Stored records
*** Block opens ***
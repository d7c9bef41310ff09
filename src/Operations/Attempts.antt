-- ===== src/Operations/Attempts.antt =====
-- How often, and how long apart, a failing operation is tried.
use brevyn_cloud.Base.{
  ℕ, zero, suc, ◌+◌, ◌*◌, ◌≤◌, ◌<◌, ◌≡◌, refl, ap, ◌∙◌, true, not, ◌||◌, if◌then◌else◌, some, List,
  [], ◌∷◌, Text, arith, update_where, leb, ◌==◌, ==_refl, text_eq_refl,
}
use brevyn_cloud.Errors.{Err, classify}
use brevyn_cloud.Operations.{
  Operation, failed, dead_letter, minute, hour, backoff, mark_failed, fail,
}
use brevyn_cloud.Operations.Runner.{
  Runner, error, is_stale, is_claimable, candidate, earlier, claim, to_record, claim_next,
  claim_batch, process_claimed, process_all, process_once, requeue_stale_running,
}
use brevyn_cloud.Operations.Claims.Exclusive.{batch_none, batch_some}
use brevyn_cloud.Operations.Claims.{claim_next-none, claim_next-some}

-- The wait after a failure never falls with the number of attempts, and lies between a minute and
-- six hours.
pub backoff_monotone :
    (a b : ℕ) → a ≤ b → (minute ≤ backoff a) × (backoff a ≤ backoff b) × (backoff b ≤ 6 * hour)
unfolding backoff
backoff_monotone a b h = ground arith

candidate_alone :
    (now : ℕ) (op : Operation) → is_claimable now op ≡ true → candidate now (op ∷ []) ≡ some op
unfolding candidate earlier
candidate_alone now op h = rw h

claim_next_alone :
    (worker : Text) (now : ℕ) (op : Operation)
    → is_claimable now op ≡ true
    → claim_next worker now (op ∷ [])
      ≡ (some (to_record (claim worker now op)), claim worker now op ∷ [])
unfolding update_where
claim_next_alone worker now op h =
    claim_next-some worker now (op ∷ []) op (candidate_alone now op h) ∙ rw ==_refl

-- A running row is not claimed.
claim_batch_running :
    (worker : Text) (now n : ℕ) (op : Operation)
    → claim_batch worker now n (claim worker now op ∷ []) ≡ ([], claim worker now op ∷ [])
unfolding claim_batch candidate claim is_claimable
claim_batch_running worker now zero op = refl
claim_batch_running worker now (suc n) op =
    let e = claim_next-none worker now (claim worker now op ∷ []) refl in
    batch_none worker now n (claim worker now op ∷ []) (ap (λ p. p.0) e) ∙ ap (λ p. ([], p.1)) e

-- The one row of a table is claimed, and then nothing is left to claim.
claim_alone :
    (worker : Text) (now n : ℕ) (op : Operation)
    → is_claimable now op ≡ true
    → claim_batch worker now (suc n) (op ∷ [])
      ≡ (to_record (claim worker now op) ∷ [], claim worker now op ∷ [])
claim_alone worker now n op h =
    let e = claim_next_alone worker now op h in
    batch_some worker now n (op ∷ []) _ (ap (λ p. p.0) e)
    ∙ ap
        (λ p. (
          to_record (claim worker now op) ∷ (claim_batch worker now n p.1).0,
          (claim_batch worker now n p.1).1,
        ))
        e
    ∙ ap (λ p. (to_record (claim worker now op) ∷ p.0, p.1)) (claim_batch_running worker now n op)

-- What a claim that fails leaves of its row.
abbrev after_failure : Text → Err → ℕ → ℕ → Operation → Operation
after_failure worker e clock now op =
    let taken = claim worker now op in
    let info = classify op.operation (some e) in
    let is_dead = not info.retryable || leb taken.max_attempts taken.attempts in
    fail info (if is_dead then clock else clock + backoff taken.attempts) is_dead now taken

requeue_idle :
    (stale_after : ℕ) (text : Text) (clock now t : ℕ) (op : Operation)
    → is_claimable t op ≡ true
    → requeue_stale_running stale_after text clock now (op ∷ []) ≡ op ∷ []
unfolding requeue_stale_running update_where is_stale is_claimable
requeue_idle stale_after text clock now t op h = ground arith

-- A round on a table with one claimable row, whose execution fails.
round_alone :
    (r : Runner) (n : ℕ) (e : Err) (clock now : ℕ) (op : Operation)
    → r.batch_size ≡ suc n
    → is_claimable now op ≡ true
    → process_once r (λ _. error e) clock now (op ∷ [])
      ≡ after_failure r.worker_id e clock now op ∷ []
unfolding process_once process_all process_claimed mark_failed update_where to_record claim
round_alone r n e clock now op size h =
    rw
      (
        requeue_idle r.stale_after r.stale_text clock now now op h,
        size,
        claim_alone r.worker_id now n op h,
      )
      (rw (text_eq_refl op.public_id))

-- A failed attempt that was not the last one: the row can be claimed again six hours later.
after_failure_again :
    (worker : Text) (e : Err) (now t : ℕ) (op : Operation)
    → (classify op.operation (some e)).retryable ≡ true
    → op.attempts + 1 < op.max_attempts
    → now + 6 * hour ≤ t
    → let op' = after_failure worker e now now op in
      (op'.status ≡ failed) × (is_claimable t op' ≡ true)
unfolding fail claim is_claimable
after_failure_again worker e now t op retryable more late =
    ground (arith, (backoff_monotone (op.attempts + 1) (op.attempts + 1) (omega arith)).2)

after_failure_status :
    (worker : Text) (e : Err) (now : ℕ) (op : Operation)
    → (classify op.operation (some e)).retryable ≡ true
    → op.attempts + 1 ≤ op.max_attempts
    → (after_failure worker e now now op).status
      ≡ (if op.attempts + 1 == op.max_attempts then dead_letter else failed)
unfolding fail claim
after_failure_status worker e now op retryable bound = ground arith

same_test : (a a' m m' k : ℕ) → a' ≡ a + 1 → m' ≡ m → (a' + suc k == m') ≡ (a + suc (suc k) == m)
same_test a a' m m' k p q = ground arith

after_failure_counts :
    (worker : Text) (e : Err) (now : ℕ) (op : Operation)
    → let op' = after_failure worker e now now op in
      (op'.attempts ≡ op.attempts + 1)
      × (op'.max_attempts ≡ op.max_attempts)
      × (op'.operation ≡ op.operation)
unfolding fail claim
after_failure_counts worker e now op = (refl, refl, refl)

-- The worker's rounds at the given times, all executions failing with `e`.
abbrev pub failing_rounds : Runner → Err → (ℕ → ℕ) → ℕ → List Operation → List Operation
failing_rounds r e times zero rows = rows
failing_rounds r e times (suc k) rows =
    failing_rounds r e (λ i. times (suc i)) k
      (process_once r (λ _. error e) (times 0) (times 0) rows)

-- An operation that is the only row of the table, and whose execution keeps failing with a
-- retryable error, on a worker whose rounds are six hours apart or more, is tried in every round and counted each time: it stays `failed` until
-- its attempts are used up, and is a dead letter in that round.
pub failing_rounds_exhaust :
    (r : Runner) (n : ℕ) (e : Err) (k : ℕ) (times : ℕ → ℕ) (op : Operation)
    → r.batch_size ≡ suc n
    → (classify op.operation (some e)).retryable ≡ true
    → ((i : ℕ) → times i + 6 * hour ≤ times (suc i))
    → is_claimable (times 0) op ≡ true
    → op.attempts + suc k ≤ op.max_attempts
    → (op' : Operation) × (failing_rounds r e times (suc k) (op ∷ []) ≡ op' ∷ [])
      × (op'.attempts ≡ op.attempts + suc k)
      × (op'.status ≡ (if op.attempts + suc k == op.max_attempts then dead_letter else failed))
failing_rounds_exhaust r n e zero times op size retryable apart claimable bound =
    let worker = r.worker_id in
    let (counted, kept, _) = after_failure_counts worker e (times 0) op in
    (
      after_failure worker e (times 0) (times 0) op,
      round_alone r n e (times 0) (times 0) op size claimable,
      counted ∙ omega arith,
      after_failure_status worker e (times 0) op retryable bound,
    )
failing_rounds_exhaust r n e (suc k) times op size retryable apart claimable bound =
    let worker = r.worker_id in
    let op1 = after_failure worker e (times 0) (times 0) op in
    let (counted, kept, same) = after_failure_counts worker e (times 0) op in
    let (_, again) =
      after_failure_again worker e (times 0) (times 1) op retryable (omega arith) (apart 0) in
    let (op', done, total, status) =
      failing_rounds_exhaust r n e k (λ i. times (suc i)) op1 size (rw same retryable)
        (λ i. apart (suc i)) again (omega arith) in
    (
      op',
      ap (failing_rounds r e (λ i. times (suc i)) (suc k))
            (round_alone r n e (times 0) (times 0) op size claimable)
          ∙ done,
      omega arith,
      status
          ∙ ap (λ b. if b then dead_letter else failed)
              (same_test op.attempts op1.attempts op.max_attempts op1.max_attempts k counted kept),
    )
*** Block closes ***
Instructions for the task
Once you reach the line with "failing_rounds r e (λ i. times (suc i)) k" in the data above, copy it and every line after it exactly, up to and including the line with "dead_letter else failed))".

Final answer
    failing_rounds r e (λ i. times (suc i)) k
      (process_once r (λ _. error e) (times 0) (times 0) rows)

-- An operation that is the only row of the table, and whose execution keeps failing with a
-- retryable error, on a worker whose rounds are six hours apart or more, is tried in every round and counted each time: it stays `failed` until
-- its attempts are used up, and is a dead letter in that round.
pub failing_rounds_exhaust :
    (r : Runner) (n : ℕ) (e : Err) (k : ℕ) (times : ℕ → ℕ) (op : Operation)
    → r.batch_size ≡ suc n
    → (classify op.operation (some e)).retryable ≡ true
    → ((i : ℕ) → times i + 6 * hour ≤ times (suc i))
    → is_claimable (times 0) op ≡ true
    → op.attempts + suc k ≤ op.max_attempts
    → (op' : Operation) × (failing_rounds r e times (suc k) (op ∷ []) ≡ op' ∷ [])
      × (op'.attempts ≡ op.attempts + suc k)
      × (op'.status ≡ (if op.attempts + suc k == op.max_attempts then dead_letter else failed))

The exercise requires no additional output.